I am one who has remained skeptical about the power of the lobby in official us statecraft, because I think (again, i may be wrong) that lobby arguments direct too much focus on the “israel centric” players, which in turn deflects attention from the US’s record not only in the rest of the region, but in the rest of the world. (Enter Chomsky bashing here)

But what cannot be ignored is the source from where so many of these fascist policies originate – namely Israel, and Jewish officials/politicians. So, no more “Israel Lobby” for Dan-o, henceforth it will be the Fascist Lobby, or simply the fascists.

Jeff Halper says we gotta stop talking their language in terms of two states, I say we gotta stop giving these people the benefit of the doubt – Fascism is here. Let’s do something about it!

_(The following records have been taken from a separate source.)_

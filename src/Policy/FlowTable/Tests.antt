-- ===== src/Policy/FlowTable/Tests.antt =====
-- The flow table of daemon/policy/flowtable.go on a small network.
use lightscale.Prelude.{
  ℕ, ◌+◌, ◌≡◌, refl, ◌↔◌, false, none, some, [], ◌∷◌, In, if◌then◌else◌, ◌==◌, string_eq, nat_eq,
  keep, get, has, arith,
}
use lightscale.Policy.Sample.{office}
use lightscale.Policy.FlowTable.{Flow, FlowTable, IsValid, add, reap, allowed, len}
use lightscale.Policy.FlowTable.Laws.{flows-reap, closes-reap_iff}
use lightscale.Policy.FlowTable.History.{start, step, Step, Retired, Reach-Retired, add_fresh}

-- an open flow of the user to the wiki
abbrev flow_of : ℕ → ℕ → Flow
flow_of user_id connection = record {
  src_user_id = user_id;
  object_type = "service";
  object_id = 1;
  port = 443;
  protocol = "tcp";
  src_addr = "10.0.0.9:5000";
  backend_local_addr = "127.0.0.1:6000";
  close = some connection;
}

abbrev busy : FlowTable
busy = record { next = 2; flows = (2, flow_of 2 72) ∷ (1, flow_of 1 71) ∷ [] }

busy-IsValid : IsValid busy
unfolding has
busy-IsValid = record { distinct = (refl, (refl, tt)); bounded = (omega arith, (omega arith, tt)) }

flows-reap_example : (reap busy office).0.flows ≡ keep (λ e. allowed office e.1) busy.flows
flows-reap_example = flows-reap busy office busy-IsValid

closes-reap_iff_example : In 72 (reap busy office).1 ↔ (
    (id : ℕ) × (f : Flow) × In (id, f) busy.flows
    × (allowed office f ≡ false)
    × (f.close ≡ some 72))
closes-reap_iff_example = closes-reap_iff busy office 72

add_fresh_example :
    (get (add busy (flow_of 1 73)).1 busy.flows ≡ none)
    × ((id : ℕ)
        → get id (add busy (flow_of 1 73)).0.flows
          ≡ (if (add busy (flow_of 1 73)).1 == id then some (flow_of 1 73) else get id busy.flows))
    × (len (add busy (flow_of 1 73)).0 ≡ len busy + 1)
    × IsValid (add busy (flow_of 1 73)).0
add_fresh_example = add_fresh busy busy-IsValid (flow_of 1 73) (omega arith)

abbrev after_remove : FlowTable
after_remove = record { next = 2; flows = (2, flow_of 2 72) ∷ [] }

Retired-first : Retired 1 after_remove
unfolding get
Retired-first = (omega arith, refl)

after_remove-IsValid : IsValid after_remove
unfolding has
after_remove-IsValid = record { distinct = (refl, tt); bounded = (omega arith, tt) }

Reach-Retired_example :
    IsValid (add after_remove (flow_of 1 74)).0 × Retired 1 (add after_remove (flow_of 1 74)).0
Reach-Retired_example =
    Reach-Retired 1 (step start (Step.added (flow_of 1 74) (omega arith))) after_remove-IsValid
      Retired-first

Dan, agreed. And since much of US foreign policy is conducted to protect USA’s easy access to raw materials and oil, we should replace a concern and denunciation of American “Israel Firsters” with concern and denunciation of American “Corporations Firsters”.

And some writers have said that “Fascism” is the control of the country by a few corporations (and a few immensely wealthy individuals) and for their profit, it all hangs together.

Glenn Greenwald should get twice the airtime and thrice the money compared to Rachel Maddow and the other useless clowns on television.